Aim of the exercise: Look through the entries for the string "Rests", and copy each line that holds it.

Listed entries:
-- ===== src/Ghurl/Spelling/Parsed.antt =====
-- internal/ghurl/ghurl.go: what `prepare` makes of the spellings of a plain URL.
use gh_proxy.Base.{
  ◌>>=◌, true, false, Option, none, some, [], ◌∷◌, ◌++◌, ◌≡◌, refl, ◌∙◌, any, all, Bytes, codes,
  same, same_refl, is_empty,
}
use gh_proxy.GoLib.Strings.{Unicode, cut_prefix, to_lower, has_prefix}
use gh_proxy.GoLib.Strings.Cut.{cut-Lacks}
use gh_proxy.GoLib.Url
use gh_proxy.GoLib.Url.{Url, is_ctl, empty_url, hostname}
use gh_proxy.GoLib.Url.Plain.{
  all-append, is_plain, is_visible, all-visible, visible_lem, escape-plain, unescape-plain,
}
use gh_proxy.Ghurl.Parse.{prepare, normalize}
use gh_proxy.Ghurl.Spelling.{
  Host, github, www, raw_content, raw_old, gist_page, gist_content, host_text, Spelling, whole,
  insecure, merged_slash, no_slash, bare, spell, scheme_of, host-visible, plain_url, rooted, mended,
}
use gh_proxy.Ghurl.Spelling.Mend.{text-visible, spelled_lem}

-- `net/url` on a visible text, and on a plain path
kept : (o : Option Url) → (o >>= λ u. some u) ≡ o
kept none = refl
kept (some u) = refl

no_fragment_lem :
    ⦃c : Unicode⦄ (x : Bytes) → all is_visible x ≡ true → Url.parse x ≡ Url.parse_no_fragment x
unfolding Url.parse
no_fragment_lem x v = rw (cut-Lacks b'#' x (visible_lem x v).2) (kept (Url.parse_no_fragment x))

no_query_lem : (x : Bytes) → all is_visible x ≡ true → Url.split_query x ≡ (x, [], false)
unfolding Url.split_query
no_query_lem x v = rw (cut-Lacks b'?' x (visible_lem x v).3) refl

set_path_lem :
    (u : Url) (p : Bytes)
    → all is_plain p ≡ true
    → Url.set_path u p ≡ some (record u { path = p; raw_path = [] })
unfolding Url.set_path
set_path_lem u p e = rw (unescape-plain p e, escape-plain p e, same_refl p) refl

-- A URL of the web, behind its scheme
abbrev Behind : ⦃c : Unicode⦄ → Bytes → Bytes → Type 0
Behind scheme x =
    any is_ctl x ≡ false
    → Url.parse_no_fragment (scheme ++ (b':' ∷ x))
      ≡ Url.parse_rest
          (record empty_url {
            scheme = scheme;
            raw_query = (Url.split_query x).1;
            force_query = (Url.split_query x).2;
          })
          (Url.split_query x).0

https_lem : ⦃c : Unicode⦄ (x : Bytes) → Behind (codes "https") x
unfolding Url.parse_no_fragment Url.get_scheme same to_lower
https_lem x e = rw e refl

http_lem : ⦃c : Unicode⦄ (x : Bytes) → Behind (codes "http") x
unfolding Url.parse_no_fragment Url.get_scheme same to_lower
http_lem x e = rw e refl

has_scheme : (sp : Spelling) → is_empty (scheme_of sp) ≡ false
has_scheme insecure = refl
has_scheme _ = refl

web :
    (host path : Bytes) (sp : Spelling)
    → normalize (plain_url (scheme_of sp) host path) ≡ some (plain_url (codes "https") host path)
unfolding normalize same
web host path insecure = refl
web host path whole = refl
web host path merged_slash = refl
web host path no_slash = refl
web host path bare = refl

module _ ⦃c : Unicode⦄ (s : Bytes) (plain : all is_plain s ≡ true) where
  -- Behind the scheme
  abbrev behind : Host → Bytes
  behind h = codes "//" ++ (host_text h ++ rooted s)

  behind-visible : (h : Host) → all is_visible (behind h) ≡ true
  behind-visible h =
      all-append is_visible (host_text h) (rooted s) (host-visible h) (all-visible (rooted s) plain)

  Rests : Host → Type 0
  Rests h =
      (u : Url)
      → is_empty u.scheme ≡ false
      → Url.parse_rest u (behind h)
        ≡ Url.set_path (record u { user = none; host = host_text h }) (rooted s)

  rest_lem : (h : Host) → Rests h
  unfolding Rests Url.parse_rest has_prefix cut_prefix Url.split_authority Url.parse_authority
  rest_lem github u e = rw e refl
  rest_lem www u e = rw e refl
  rest_lem raw_content u e = rw e refl
  rest_lem raw_old u e = rw e refl
  rest_lem gist_page u e = rw e refl
  rest_lem gist_content u e = rw e refl

  scheme_lem : (sp : Spelling) (x : Bytes) → Behind (scheme_of sp) x
  scheme_lem whole x = https_lem x
  scheme_lem insecure x = http_lem x
  scheme_lem merged_slash x = https_lem x
  scheme_lem no_slash x = https_lem x
  scheme_lem bare x = https_lem x

  mended-visible : (sp : Spelling) (h : Host) → all is_visible (mended sp h s) ≡ true
  mended-visible whole h = text-visible s plain whole h
  mended-visible insecure h = text-visible s plain insecure h
  mended-visible merged_slash h = text-visible s plain whole h
  mended-visible no_slash h = text-visible s plain whole h
  mended-visible bare h = text-visible s plain whole h

  parsed_lem :
      (sp : Spelling) (h : Host)
      → Url.parse (mended sp h s) ≡ some (plain_url (scheme_of sp) (host_text h) (rooted s))
  unfolding Rests
  parsed_lem sp h =
      let x = behind h in
      no_fragment_lem (mended sp h s) (mended-visible sp h)
      ∙ (scheme_lem sp x (visible_lem x (behind-visible h)).1
          ∙ rw (no_query_lem x (behind-visible h)) (
              rest_lem h (record empty_url { scheme = scheme_of sp }) (has_scheme sp)
              ∙ set_path_lem (record empty_url { scheme = scheme_of sp; host = host_text h })
                  (rooted s) plain))

  -- `prepare` makes one URL of all spellings.
  pub prepared_lem :
      (sp : Spelling) (h : Host)
      → prepare (spell sp (host_text h ++ rooted s))
        ≡ some (plain_url (codes "https") (host_text h) (rooted s))
  unfolding prepare
  prepared_lem sp h =
      rw (spelled_lem s plain sp h, parsed_lem sp h) (web (host_text h) (rooted s) sp)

Result:
  Rests : Host → Type 0
  Rests h =
  rest_lem : (h : Host) → Rests h
  unfolding Rests Url.parse_rest has_prefix cut_prefix Url.split_authority Url.parse_authority
  unfolding Rests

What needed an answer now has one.